Directions for this task:
The material below contains a line with "reachable = true;" and a line with "(config.window 3 ≡ true)". Copy exactly those two lines and all lines between them.
********
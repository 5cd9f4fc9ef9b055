-- ===== src/Update/Staging/Agent/Handover.antt =====
-- internal/update/update.go, Tick, and the launcher behind it: what is handed over is what runs next.
use fuelmind.Base.{
  ap, ◌∙◌, ◌≡◌, refl, Bool, true, false, inl, inr, Bool-cases, Option-cases, Option, none, some,
  Text, is_empty, arith, if◌then◌else◌,
}
use mathlib.Core.Path.{subst}
use fuelmind.Launcher.Supervisor.Rollback.{read_pointer-valid}
use fuelmind.Version.{valid}
use fuelmind.Launcher.Disk.{Disk, read_pointer, has_binary}
use fuelmind.Launcher.Supervisor.{Options, Round, Supervisor, handoff}
use fuelmind.Launcher.Supervisor.Restart.{holds-read, valid-full}
use fuelmind.Launcher.Supervisor.Handoff.{handoff-switches}
use fuelmind.Update.{Release, Sha256, Config, Offer, offered, nothing_new, check_failed, check}
use fuelmind.Update.Staging.Agent.{
  World, Ticked, tick, maybe_handoff, staged_version, after_check, after_stage, stage,
}
use fuelmind.Update.Staging.Agent.Verified.{Staging, stage-Staging}

-- A version that can be handed over from `d`, and that the agent may hand over now.
abbrev pub HandingFrom : Config → World → Disk → Option Text → Type 0
HandingFrom c w d none = Unit
HandingFrom c w d (some v) =
    (c.supervised ≡ true)
    × (c.window w.now ≡ true)
    × (read_pointer d.pending ≡ some v)
    × (is_empty v ≡ false)
    × (has_binary v d ≡ true)

abbrev pub Handing : Config → World → Ticked → Type 0
Handing c w t = HandingFrom c w t.disk t.handed

maybe_handoff-Handing :
    (c : Config) (w : World) (v : Text) (d : Disk)
    → read_pointer d.pending ≡ some v
    → is_empty v ≡ false
    → has_binary v d ≡ true
    → Handing c w (maybe_handoff c w.now v d)
unfolding maybe_handoff
maybe_handoff-Handing c w v d e full core = elim (Bool-cases c.supervised) [
  | inr s ↦ simp s tt
  | inl s ↦ elim (Bool-cases (c.window w.now)) [
    | inr n ↦ simp (s, n) tt
    | inl n ↦ simp (s, n) (refl, refl, e, full, core)
  ]
]

after_stage-Handing :
    (h : Sha256) (c : Config) (w : World) (rel : Release) (d : Disk) (p : Disk × Bool)
    → Staging h w rel d p
    → Handing c w (after_stage c w.now rel.version p)
after_stage-Handing h c w rel d (d', false) s = tt
after_stage-Handing h c w rel d (d', true) s =
    maybe_handoff-Handing c w rel.version d'
      (rw s.1.pending_now (holds-read rel.version s.1.is_valid))
      (valid-full rel.version s.1.is_valid) s.1.has_core

after_check-Handing :
    (h : Sha256) (c : Config) (w : World) (d : Disk) (o : Offer)
    → Handing c w (after_check h c w d o)
unfolding after_check
after_check-Handing h c w d nothing_new = tt
after_check-Handing h c w d check_failed = tt
after_check-Handing h c w d (offered rel) =
    after_stage-Handing h c w rel d (stage h w rel d) (stage-Staging h w rel d)

staged_version-some :
    (d : Disk) (v : Text)
    → staged_version d ≡ some v
    → (read_pointer d.pending ≡ some v) × (is_empty v ≡ false) × (has_binary v d ≡ true)
unfolding staged_version
staged_version-some d v h = named (read_pointer d.pending) refl h
  where
    named :
        (o : Option Text)
        → read_pointer d.pending ≡ o
        → elim o [
          | none ↦ none
          | some u ↦ if is_empty u then none else if has_binary u d then some u else none
        ]
          ≡ some v
        → (read_pointer d.pending ≡ some v) × (is_empty v ≡ false) × (has_binary v d ≡ true)
    named none e k = absurd (ground arith)
    named (some u) e k = ground arith

tick-Handing : (h : Sha256) (c : Config) (w : World) (d : Disk) → Handing c w (tick h c w d)
unfolding tick
tick-Handing h c w d = elim (Option-cases (staged_version d)) [
  | inl e ↦ rw (e, tick) (after_check-Handing h c w d (check h c d w.response))
  | inr (v, e) ↦
      let known = staged_version-some d v e in
      rw (e, tick) (maybe_handoff-Handing c w v d known.0 known.1 known.2)
]

-- Where a tick asks the launcher for a hand-over, the core is supervised and the window is open, and
-- the launcher, which runs a version with a valid name and is refused nothing by the operating system,
-- runs the version that the tick named next.
pub tick-handoff :
    (h : Sha256) (c : Config) (w : World) (d : Disk) (v : Text) (o : Options) (r : Round)
    (s : Supervisor)
    → (tick h c w d).handed ≡ some v
    → s.disk ≡ (tick h c w d).disk
    → valid s.current ≡ true
    → r.faults.write_previous ≡ false
    → r.faults.write_current ≡ false
    → r.faults.delete_pending ≡ false
    → (c.supervised ≡ true) × (c.window w.now ≡ true) × ((handoff o r s).current ≡ v)
tick-handoff h c w d v o r s asks same ok wp wc dp =
    let known : HandingFrom c w (tick h c w d).disk (some v) =
      subst (HandingFrom c w (tick h c w d).disk) asks (tick-Handing h c w d) in
    (
      known.0,
      known.1,
      handoff-switches o r s v (ap (λ x. read_pointer x.pending) same ∙ known.2) known.3
          (read_pointer-valid _ v known.2 known.3) ok (ap (has_binary v) same ∙ known.4) wp wc dp,
    )
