-- ===== src/Update/Tests.antt =====
-- A release that is checked, downloaded after an interruption, staged and handed over.
use fuelmind.Base.{
  ap, ◌≡◌, refl, true, false, none, some, [], ◌∷◌, Text, codes, drop, to_lower, trim_space, text_eq,
}
use fuelmind.Version.{valid}
use fuelmind.Launcher.Disk.{Disk, missing}
use fuelmind.Launcher.Supervisor.{exited, handoff}
use fuelmind.Launcher.Scenario.{
  old_version, new_version, no_faults, updating, options, before_update, round_with,
}
use fuelmind.Update.{
  Release, manifest, Sha256, Config, Files, full_content, partial_content, range_refused,
  download_with_restart,
}
use fuelmind.Update.Download.{IsProgress, download_with_restart-IsProgress}
use fuelmind.Update.Staging.{StageFaults, core_exe_name, current_version, escapes}
use fuelmind.Update.Staging.Agent.{World, stage, tick}
use fuelmind.Update.Staging.Agent.Verified.{IsVerified, IsStaged, stage-IsVerified}
use fuelmind.Update.Staging.Agent.Handover.{tick-handoff}

-- An artifact that is its own checksum.
abbrev artifact : Text
artifact = codes "0123456789abcdef0123456789abcdef0123456789abcdef0123456789abcdef"

abbrev digest : Sha256
digest = record { bytes = λ s. 0 ∷ 0 ∷ 0 ∷ 42 ∷ []; hex = λ s. s }

abbrev config : Config
config = record {
  station_id = codes "FM-2345678";
  version = old_version;
  supervised = true;
  window = λ t. true;
}

abbrev release : Release
release = record {
  version = new_version;
  artifact_url = codes "/core.zip";
  checksum_sha256 = artifact;
  rollout_pct = 50;
}

-- The old version alone.
abbrev plain_disk : Disk
plain_disk = record updating { pending = missing }

abbrev fine : StageFaults
fine = record { remove_final = false; rename = false; write_pending = false }

abbrev begun : Files
begun = record { partial = some (codes "0123"); artifact = none }

abbrev world : World
world = record {
  response = manifest release;
  reachable = true;
  server = λ n. partial_content (drop n artifact) true;
  again = λ n. range_refused;
  files = begun;
  unzip = λ a. some (record { name = core_exe_name; is_dir = false; writable = true } ∷ []);
  stage_faults = fine;
  now = 3;
}

-- The same with a server that sends something else.
abbrev bad_world : World
bad_world = record world { server = λ n. full_content (codes "0123") true }

download_with_restart-IsProgress_example :
    IsProgress artifact (download_with_restart world.server world.again begun)
download_with_restart-IsProgress_example =
    download_with_restart-IsProgress artifact begun world.server world.again (drop 4 artifact, refl)
      (λ n. refl) (λ n. tt)

abbrev staged_disk : Disk
staged_disk = (stage digest world release plain_disk).0

stages : (stage digest world release plain_disk).1 ≡ true
unfolding stage text_eq to_lower trim_space valid current_version escapes
stages = refl

stage-IsVerified_example :
    IsVerified digest world release × IsStaged new_version plain_disk staged_disk
stage-IsVerified_example =
    stage-IsVerified digest world release plain_disk staged_disk (ap (λ b. (staged_disk, b)) stages)

abbrev same_disk : Disk
same_disk = (stage digest bad_world release plain_disk).0

fails : (stage digest bad_world release plain_disk).1 ≡ false
unfolding stage text_eq to_lower trim_space
fails = refl

hands : (tick digest config world updating).handed ≡ some new_version
unfolding tick valid text_eq
hands = refl

same_folder : before_update.disk ≡ (tick digest config world updating).disk
unfolding tick valid text_eq
same_folder = refl

valid_old : valid old_version ≡ true
unfolding valid
valid_old = refl

tick-handoff_example :
    (config.supervised ≡ true)
    × (config.window 3 ≡ true)
    × ((handoff options (round_with (exited 42) no_faults) before_update).current ≡ new_version)
tick-handoff_example =
    tick-handoff digest config world updating new_version options (round_with (exited 42) no_faults)
      before_update hands same_folder valid_old refl refl refl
********
Solution to the problem:
  reachable = true;
  server = λ n. partial_content (drop n artifact) true;
  again = λ n. range_refused;
  files = begun;
  unzip = λ a. some (record { name = core_exe_name; is_dir = false; writable = true } ∷ []);
  stage_faults = fine;
  now = 3;
}

-- The same with a server that sends something else.
abbrev bad_world : World
bad_world = record world { server = λ n. full_content (codes "0123") true }

download_with_restart-IsProgress_example :
    IsProgress artifact (download_with_restart world.server world.again begun)
download_with_restart-IsProgress_example =
    download_with_restart-IsProgress artifact begun world.server world.again (drop 4 artifact, refl)
      (λ n. refl) (λ n. tt)

abbrev staged_disk : Disk
staged_disk = (stage digest world release plain_disk).0

stages : (stage digest world release plain_disk).1 ≡ true
unfolding stage text_eq to_lower trim_space valid current_version escapes
stages = refl

stage-IsVerified_example :
    IsVerified digest world release × IsStaged new_version plain_disk staged_disk
stage-IsVerified_example =
    stage-IsVerified digest world release plain_disk staged_disk (ap (λ b. (staged_disk, b)) stages)

abbrev same_disk : Disk
same_disk = (stage digest bad_world release plain_disk).0

fails : (stage digest bad_world release plain_disk).1 ≡ false
unfolding stage text_eq to_lower trim_space
fails = refl

hands : (tick digest config world updating).handed ≡ some new_version
unfolding tick valid text_eq
hands = refl

same_folder : before_update.disk ≡ (tick digest config world updating).disk
unfolding tick valid text_eq
same_folder = refl

valid_old : valid old_version ≡ true
unfolding valid
valid_old = refl

tick-handoff_example :
    (config.supervised ≡ true)
    × (config.window 3 ≡ true)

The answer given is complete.